In dieselbe Richtung denkt t3n, die in ihrem Beitrag die Integration verschiedener Absatzkanäle, Plattformen und Technologien sehen. Kunden, die immer virtuoser alle zur Verfügung stehenden Devices bedienen, ignorierten zunehmend künstlich aufgebaute Kanalgrenzen. Sie wollten gute Produkte, günstige Preise, tollen Service und etwas erleben – und das schließe E-commerce und digitalisierte stationäre Läden ein. Ein neues Ökosystem, bestehend aus wandlungsfähigen und transformationsbereiten Unternehmen entstehe, so t3n.
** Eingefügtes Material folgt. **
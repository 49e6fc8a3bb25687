-- ===== src/Diagnosis/Controller/Invariant.antt =====
-- What holds in every state of `AnalysisController` (tools/viewer/web/ai_provider.js).
use open_fpgastudio.Base.{
  ℕ, ◌<◌, ◌≡◌, ◌≢◌, inl, inr, refl, sym, subst, if-intro, ◌∙◌, true, Bool-cases, Option, none, some,
  arith, ◌==◌, ==_iff, if◌then◌else◌,
}
use open_fpgastudio.Diagnosis.Controller.{
  Status, idle, queued, running, validating, completed, cancelled, failed, is_active, Reason,
  ProviderError, Checked, passed, refused, broke, Shown, Attempt, Controller, update, show,
  new_controller, abort_latest, cancel_run, start_run, finish, shown_error, throw_error, fire_timer,
  retry_or_throw, provider_throws, validate_shown, settle_reply, provider_replies,
}
use open_fpgastudio.Diagnosis.Controller.Steps.{
  Step, starts, cancels, replies, throws, fires, Reach, initial, later, IsVerified, Inv,
}

module _ {Raw Result : Type 0} (check : ℕ → Raw → Checked Result) where
  Inv-new : Inv check new_controller
  Inv-new = record {
    latest = refl;
    verified = tt;
    settled = (λ e. cc, λ e. cc);
    superseded = λ g h k. absurd (omega arith);
    started = λ g h. refl;
    awaited = λ e. cc;
  }

  -- Cancelling changes the status at most, to `cancelled`.
  stop_lem :
      (s : Shown Result)
      → let t = if is_active s.status then record s { status = cancelled } else s in
        (t.generation ≡ s.generation)
        × (IsVerified check s.generation s.status s.result
            → IsVerified check t.generation t.status t.result)
        × (t.status ≢ queued)
        × (t.status ≢ validating)
        × (t.status ≢ running)
  unfolding is_active
  stop_lem s = by_status s.status s.result s.generation s.reason
    where
      by_status :
          (status : Status) (result : Option Result) (g : ℕ) (reason : Option Reason)
          → let s = show status g result reason in
            let t = if is_active s.status then record s { status = cancelled } else s in
            (t.generation ≡ s.generation)
            × (IsVerified check s.generation s.status s.result
                → IsVerified check t.generation t.status t.result)
            × (t.status ≢ queued)
            × (t.status ≢ validating)
            × (t.status ≢ running)
      by_status idle r g w = (refl, λ v. v, λ e. cc, λ e. cc, λ e. cc)
      by_status queued r g w = (refl, λ v. tt, λ e. cc, λ e. cc, λ e. cc)
      by_status running r g w = (refl, λ v. tt, λ e. cc, λ e. cc, λ e. cc)
      by_status validating r g w = (refl, λ v. tt, λ e. cc, λ e. cc, λ e. cc)
      by_status completed r g w = (refl, λ v. v, λ e. cc, λ e. cc, λ e. cc)
      by_status cancelled r g w = (refl, λ v. tt, λ e. cc, λ e. cc, λ e. cc)
      by_status failed r g w = (refl, λ v. tt, λ e. cc, λ e. cc, λ e. cc)

  abort_lem :
      (g : ℕ) (c : Controller Result) → c.aborted g ≡ true → (abort_latest c).aborted g ≡ true
  unfolding abort_latest
  abort_lem g c h = ground arith

  abort_latest_lem :
      (c : Controller Result) → 0 < c.generation → (abort_latest c).aborted c.generation ≡ true
  unfolding abort_latest
  abort_latest_lem c h = ground arith

  cancel-Inv : (c : Controller Result) → Inv check c → Inv check (cancel_run c)
  unfolding cancel_run
  cancel-Inv c i =
      let s = stop_lem c.shown in
      record {
        latest = s.0 ∙ i.latest;
        verified = s.1 i.verified;
        settled = (s.2, s.3);
        superseded = λ g h k. abort_lem g c (i.superseded g h k);
        started = i.started;
        awaited = λ e. absurd (s.4 e);
      }

  start-Inv : (retries : ℕ) (c : Controller Result) → Inv check c → Inv check (start_run retries c)
  unfolding start_run cancel_run
  start-Inv retries c i = record {
    latest = refl;
    verified = tt;
    settled = (λ e. cc, λ e. cc);
    superseded = λ g h k. elim (Bool-cases (g == c.generation)) [
      | inl e ↦
          let same : g ≡ c.generation = (==_iff g c.generation).0 e in
          subst (λ x. (abort_latest c).aborted x ≡ true) (sym same)
            (abort_latest_lem c (omega arith))
      | inr e ↦ abort_lem g c (i.superseded g h (ground arith))
    ];
    started = λ g h. ground (arith, i.started g);
    awaited = λ e. ground arith;
  }

  finish_waiting :
      (g h : ℕ) (c : Controller Result) → c.waiting h ≡ none → (finish g c).waiting h ≡ none
  unfolding finish
  finish_waiting g h c e = ground arith

  finish_other : (g h : ℕ) (c : Controller Result) → g ≢ h → (finish g c).waiting h ≡ c.waiting h
  unfolding finish
  finish_other g h c e = ground arith

  fire-Inv : (g : ℕ) (c : Controller Result) → Inv check c → Inv check (fire_timer g c)
  unfolding fire_timer
  fire-Inv g c i = record {
    latest = i.latest;
    verified = i.verified;
    settled = i.settled;
    superseded = λ g h k. abort_lem g c (i.superseded g h k);
    started = i.started;
    awaited = i.awaited;
  }

  -- What is shown when run `g` is over.
  abbrev IsOver : ℕ → Shown Result → Type 0
  IsOver g s =
      (s.generation ≡ g)
      × IsVerified check s.generation s.status s.result
      × (s.status ≢ queued)
      × (s.status ≢ validating)
      × (s.status ≢ running)

  error-IsOver :
      (g : ℕ) (reason : Reason) (c : Controller Result) → IsOver g (shown_error g reason c)
  unfolding shown_error
  error-IsOver g reason c =
      if-intro (IsOver g) _ _ _ (refl, tt, λ e. cc, λ e. cc, λ e. cc)
        (refl, tt, λ e. cc, λ e. cc, λ e. cc)

  -- The latest run is over.
  over-Inv :
      (c : Controller Result) (s : Shown Result)
      → IsOver c.generation s
      → ((g : ℕ) → 0 < g → g < c.generation → c.aborted g ≡ true)
      → ((g : ℕ) → c.generation < g → c.waiting g ≡ none)
      → Inv check (finish c.generation (record c { shown = s }))
  unfolding finish
  over-Inv c s over superseded started = record {
    latest = over.0;
    verified = over.1;
    settled = (over.2, over.3);
    superseded = superseded;
    started = λ g h. finish_waiting c.generation g (record c { shown = s }) (started g h);
    awaited = λ e. absurd (over.4 e);
  }

  -- A run that is not the latest is over: nothing that is shown changes.
  finish-Inv :
      (g : ℕ) (c : Controller Result) → g ≢ c.generation → Inv check c → Inv check (finish g c)
  unfolding finish
  finish-Inv g c old i = record {
    latest = i.latest;
    verified = i.verified;
    settled = i.settled;
    superseded = i.superseded;
    started = λ h k. finish_waiting g h c (i.started h k);
    awaited = λ e. rw (finish_other g c.generation c old) (i.awaited e);
  }

  ==_refl : {a b : ℕ} → a ≡ b → (a == b) ≡ true
  ==_refl {a} {b} e = (==_iff a b).1 e

  throw_latest :
      (reason : Reason) (c : Controller Result)
      → ((g : ℕ) → 0 < g → g < c.generation → c.aborted g ≡ true)
      → ((g : ℕ) → c.generation < g → c.waiting g ≡ none)
      → Inv check (throw_error c.generation reason c)
  unfolding throw_error
  throw_latest reason c superseded started =
      let same : (c.generation == c.generation) ≡ true = ==_refl refl in
      rw same (over-Inv c _ (error-IsOver c.generation reason c) superseded started)

  throw-Inv :
      (g : ℕ) (reason : Reason) (c : Controller Result)
      → Inv check c
      → Inv check (throw_error g reason c)
  unfolding throw_error
  throw-Inv g reason c i = elim (Bool-cases (g == c.generation)) [
    | inl e ↦
        rw (e, (==_iff g c.generation).0 e)
          (over-Inv c _ (error-IsOver c.generation reason c) i.superseded i.started)
    | inr e ↦ rw e (finish-Inv g c (λ same. cc (==_refl same, e)) i)
  ]

  again-Inv :
      (g : ℕ) (a b : Attempt) (c : Controller Result)
      → c.waiting g ≡ some a
      → Inv check c
      → Inv check (record c { waiting = update c.waiting g (some b) })
  again-Inv g a b c here i = record {
    latest = i.latest;
    verified = i.verified;
    settled = i.settled;
    superseded = i.superseded;
    started = λ h k. ground (arith, i.started h k);
    awaited = λ e. ground (arith, i.awaited e);
  }

  retry-Inv :
      (g : ℕ) (e : ProviderError) (o : Option Attempt) (c : Controller Result)
      → c.waiting g ≡ o
      → Inv check c
      → Inv check (retry_or_throw g e o c)
  unfolding retry_or_throw
  retry-Inv g e none c here i = i
  retry-Inv g e (some a) c here i =
      if-intro (Inv check) _ _ _ (throw-Inv g _ c i) (again-Inv g a _ c here i)

  reply-Inv :
      (g : ℕ) (raw : Raw) (c : Controller Result)
      → Inv check c
      → Inv check (provider_replies g (check g raw) c)
  unfolding provider_replies validate_shown
  reply-Inv g raw c i = elim (Bool-cases (g == c.generation)) [
    | inl e ↦
        let same : g ≡ c.generation = (==_iff g c.generation).0 e in
        rw (e, same) (verdict_lem (check c.generation raw) refl)
    | inr e ↦ rw e (finish-Inv g c (λ same. cc (==_refl same, e)) i)
  ]
    where
      verdict_lem :
          (o : Checked Result)
          → check c.generation raw ≡ o
          → Inv check (settle_reply c.generation o (validate_shown c))
      verdict_lem refused h = throw_latest _ (validate_shown c) i.superseded i.started
      verdict_lem broke h = throw_latest _ (validate_shown c) i.superseded i.started
      verdict_lem (passed r) h =
          over-Inv c (show completed c.generation (some r) none)
            (refl, (raw, h), λ e. cc, λ e. cc, λ e. cc) i.superseded i.started

  Step-Inv : {c d : Controller Result} → Step check c d → Inv check c → Inv check d
  Step-Inv {c} (starts retries) i = start-Inv retries c i
  Step-Inv {c} cancels i = cancel-Inv c i
  Step-Inv {c} (replies g raw w) i = reply-Inv g raw c i
  Step-Inv {c} (throws g e w) i = throws_lem c g e i
    where
      throws_lem :
          (c : Controller Result) (g : ℕ) (e : ProviderError)
          → Inv check c
          → Inv check (provider_throws g e c)
      throws_lem c g e i = unfold provider_throws in retry-Inv g e (c.waiting g) c refl i
  Step-Inv {c} (fires g t) i = fire-Inv g c i

  pub Reach-Inv : {c : Controller Result} → Reach check c → Inv check c
  Reach-Inv initial = Inv-new
  Reach-Inv (later r s) = Step-Inv s (Reach-Inv r)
Es ist klar, dass Amazon in diesem Ökosystem so eine Art „Oberförster“ ist, über dessen Rolle -übermächtig oder kooperativ- aber noch abschließend diskutiert werden muss.

Eine Rolle des E-commerce Giganten aus Seattle sollte aber schon klar sein: die eines Vorbilds für E-commerce Technologie. Wenn gerade europäische Unternehmen den strategischen Faktor von Innovationen und Patenten stärker erkennen würden, wäre eine eigenständigere Entwicklung der hiesigen E-commerce Branche deutlich wahrscheinlicher. Diese dürfte auch bei Kunden hilfreich sein, die sich immer weniger binden lassen, aber dennoch Marken folgen.

E-commerce Trends – Daten und Personalisierung

Weitere Trends ergeben sich aus den Entwicklung zunehmender Datenverfügbarkeit und -analyse. Online Händler wissen mehr über Kunden und können diese persönlicher adressieren, z.B. auch über persönlichen Content, wie Jennifer Neeley vom Business2Community-Blog vorhersagt. Das sieht auch das Online Magazin Chain Store Age so, die neben der Personalisierung und einer umfassenderen Datenanalyse in einer Omnichannel-Landschaft das Internet of Things und weitere Schnittstellen zwischen Internet und physisch-realer Umgebung als wichtigen Treiber für den E-commerce sehen.

Personalisierung und Datenanalyse gehören auch zu den 10 wichtigsten Online Marketing Trends, die der Online Marketing Blog „Marketing Dive“ ausmacht. Einige Trends wie „Mobile First“, „Social Media als etablierter Kanal“ und „Video Marketing als ‚rising star'“ mögen vielleicht als „alte Bekannte“ erscheinen, gehören aber auf jeden Fall in die aktuelle Online Marketing-Landschaft.

Als besonderes Problem macht Marketing Dive das zunehmende AdBlocking aus. Die vorgelegten Daten zum AdBlocking gehen von einem globalen Verlust in Höhe von 41 Mrd. US$ durch AdBlocking aus. Es mag als Binsenweisheit erscheinen, wenn Marketing Dive die Fokussierung auf das Kundenerlebnis als wichtigste Aufgabe erscheint. Tatsächlich kann weiteres Wachstum in der Digitalen Wirtschaft nur erfolgen, wenn die Akzeptanz und die Begeisterung der Nutzer auch wächst.

E-commerce Trends 2016 – Neues vom Shop Design

Zu einem besseren Kundenerlebnis tragen sicher auch E-commerce Design Trends bei, die konversionskraft für 2016 ausmacht. Auch bei der Entwicklung des Shopdesigns steht die Personalisierung klar im Fokus. Aber auch aufwändigere Produktinszenierungen und inspirierender Content unterstreichen den zunehmend höheren Anspruch der Onlineshopper und erfolgreichen Shopbetreiber. Anspruchsvoll mag auch der immer stärkere Trend zum „Connected Commerce“ erscheinen, der das Erscheinungsbild einer Marke auf unterschiedlichen Geräte intelligent verbindet. „Connected Commerce“ geht deutlich über Responsive Webdesign hinaus, das ja nur eine technische Lösung ist. Vielmehr geht es darum, auch den Kontext im Customer Journey zu berücksichtigen, um den Auswahl- und Entscheidungsprozess der Nutzer auf verschiedenen Geräten zu unterstützen.